As you know, we have placed a high strategic priority on developing the China business. We have already seen tremendous success. The customers are a combination of China headquarter companies and multinational companies that invested in the country in order to avail themselves of a growing semiconductor and flat panel display demand. Revenue to China in the first quarter improved 55% year-over-year with a solid 50-50 balance between IC and FPD.

To put our performance in a broader context, our revenue to China over the last 12 months was approximately $109 million. In 2017, it was $43 million. In other words, our business in China is over 2.5 times larger and it was just a little over one year ago. When we announced the first China investment in August of 2016, we said that one of the reasons we were confident in our ability to generate necessary returns on this investment was the fact that we already had developed a customer base in China. At that time, China represented approximately 5% of our revenue. In this quarter, China was 22% of our revenue. This gives us an extraordinarily strong foundation even before we manufacture the first IC or G10.5+ photomask in China. In addition to our already mature and growing China revenue stream, our investment risk management includes customer contractual commitments, investment incentives and the extension of our IC joint venture with DNP to help us more effectively compete in China.
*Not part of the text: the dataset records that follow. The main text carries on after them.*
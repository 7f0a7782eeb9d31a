-- ===== src/Listing/Walk.antt =====
-- A client that follows the cursors sees every row once, in order, if the times are whole
-- milliseconds.
use gatway_pagamento_escrito.Prelude.{
  All-select, arith, ℕ, zero, suc, ◌+◌, ◌≤◌, ◌<◌, ◌≡◌, refl, sym, ap, ◌∙◌, subst, Bool, Option,
  none, some, List, [], ◌∷◌, ◌++◌, ltb, if◌then◌else◌, length, take, select, All, inl, inr,
  Bool-cases,
}
use gatway_pagamento_escrito.Listing.{
  Cursor, Page, last_of, order_rows, is_after, from_cursor, list_rows, cursor_of, page, fetch,
  prepend, walk,
}
use gatway_pagamento_escrito.Listing.Order.{
  drop, take-take, length-take-suc, take-all, All-middle, ++-assoc, select-and, select-true, cut,
  IsWhole, Ordered, at, after-edge, DistinctIds, All-order, order-Ordered, select-Ordered,
}

-- The rows that the query would find without a limit
abbrev pub matching : {Row : Type 0} (created_us id : Row → ℕ) → (Row → Bool) → List Row → List Row
matching created_us id matches rows = select matches (order_rows created_us id rows)

module _ {Row : Type 0} (created_us id : Row → ℕ) (matches : Row → Bool) (limit : ℕ)
    (rows : List Row) where
  abbrev pub listed : List Row
  listed = matching created_us id matches rows

  -- The page that shows the first rows of what is left
  abbrev pub shown : List Row → Page Row
  shown left = record {
    items = take (suc limit) left;
    next_cursor =
        if ltb (suc limit) (length left)
        then cursor_of created_us id (last_of (take (suc limit) left))
        else none;
  }

  pub fetch-shown :
      (before : Option Cursor) (left : List Row)
      → select (from_cursor created_us id before) listed ≡ left
      → fetch created_us id matches (suc limit) rows before ≡ shown left
  unfolding page list_rows
  fetch-shown before left e =
      let found : list_rows created_us id matches (suc limit) before rows
          ≡ take (suc (suc limit)) left =
        ap (take (suc (suc limit))) (
          select-and matches (from_cursor created_us id before) (order_rows created_us id rows)
          ∙ e) in
      ap (λ rows. page created_us id rows (suc limit)) found
      ∙ rw (take-take (suc limit) left, length-take-suc (suc limit) left) refl

  abbrev followed : ℕ → Page Row → Option (List Row)
  followed n p = elim p.next_cursor [
    | none ↦ some p.items
    | some c ↦
        prepend created_us id p.items (walk created_us id matches (suc limit) rows n (some c))
  ]

  abbrev rest_of : List Row → List Row
  rest_of left = drop (suc limit) left

  walk-left :
      (n : ℕ) (before : Option Cursor) (front left : List Row)
      → Ordered created_us id listed
      → All (IsWhole created_us id) listed
      → listed ≡ front ++ left
      → select (from_cursor created_us id before) listed ≡ left
      → length left < n
      → walk created_us id matches (suc limit) rows n before ≡ some left
  unfolding walk
  walk-left zero before front left o w split e lt = ground arith
  walk-left (suc n) before front left o w split e lt =
      ap (followed n) (fetch-shown before left e)
      ∙ elim (Bool-cases (ltb (suc limit) (length left))) [
        | inl more ↦
            let c = cut limit left more in
            let ahead = front ++ c.front in
            let middle : listed ≡ ahead ++ c.edge ∷ rest_of left =
              split ∙ ap (λ l. front ++ l) c.whole ∙ sym (++-assoc front c.front _) in
            let whole : IsWhole created_us id c.edge =
              All-middle (IsWhole created_us id) ahead c.edge (rest_of left)
                (subst (All (IsWhole created_us id)) middle w) in
            let rest =
              walk-left n (some (at created_us id c.edge)) (ahead ++ c.edge ∷ []) (rest_of left) o w
                (middle ∙ sym (++-assoc ahead (c.edge ∷ []) (rest_of left)))
                (ap (select (is_after created_us id (at created_us id c.edge))) middle
                  ∙ after-edge created_us id ahead c.edge (rest_of left) whole
                      (subst (Ordered created_us id) middle o))
                (omega (arith, c.shorter)) in
            rw (more, c.last, rest)
              (ap (λ l. some l)
                (ap (λ l. l ++ rest_of left) c.page
                  ∙ ++-assoc c.front (c.edge ∷ []) (rest_of left)
                  ∙ sym c.whole))
        | inr last ↦ rw last (ap (λ l. some l) (take-all (suc limit) left last))
      ]

-- A client that follows the cursors of any list, from the first page on, gets each row that matches
-- once, in descending order of creation, in finitely many pages, if ids are distinct, a page may hold
-- a row and all times are whole milliseconds.
pub walk-matching :
    {Row : Type 0} (created_us id : Row → ℕ) (matches : Row → Bool) (limit : ℕ) (rows : List Row)
    → DistinctIds created_us id rows
    → All (IsWhole created_us id) rows
    → 1 ≤ limit
    → walk created_us id matches limit rows (length (matching created_us id matches rows) + 1) none
      ≡ some (matching created_us id matches rows)
walk-matching created_us id matches zero rows d w l = ground arith
walk-matching created_us id matches (suc limit) rows d w l =
    let left = matching created_us id matches rows in
    walk-left created_us id matches limit rows (length left + 1) none [] left
      (select-Ordered created_us id matches _ (order-Ordered created_us id rows d))
      (All-select (IsWhole created_us id) matches _
        (All-order created_us id (IsWhole created_us id) rows w))
      refl (select-true left) (omega arith)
These factors give us confidence that the investment return in China will be significantly better than historical return on invested capital. The Made in China 2025 goals for IC production are ambitious. and semiconductor manufacturers, they are making progress against industry objectives for domestic produced chips. The stated target has to achieve 40% self-sufficiency by the end of the year 2020. According to recent projections provided by IC Insights, they will only be at 20% by 2023. This implies that there is much more investment needed to hit the targets. If those investments occur, then they will need many more photomask to ramp production at those facilities.

While there is municipal short-term softness in the China economy, the long-term trend in the semiconductor industry looks robust, technology trends are also positive, in Chinese logic, companies are moving into production at 28-nanometer with early stage development commencing of 14. For Chinese memory manufacturers, we are starting to see both 1X DRAM and a 32-level 3D NAND flash in production. With development beginning at the 1Y DRAM and 96-level nodes -- 96-level flash nodes respectively. For FPD, G10.5+ in AMOLED are becoming important technologies for the country. Adoption of AMOLED displays for mobile application continues as more smartphone manufacturers are using this pure component. On the supply side, we continue to partner with more panel producers that are developing this technology. As competition increases, we will likely see reduction in panel prices, which should accelerate adoption rates increasing the total available market, as more smartphone makers shift from LCD.

In addition, other applications should also become more widely adopted such as laptop displays, providing additional growth drivers. We are the clear technology leader in this space, have supplied photomask at each and every one of the AMOLED panel producers. Without a doubt, we should continue to grow as this market accelerates.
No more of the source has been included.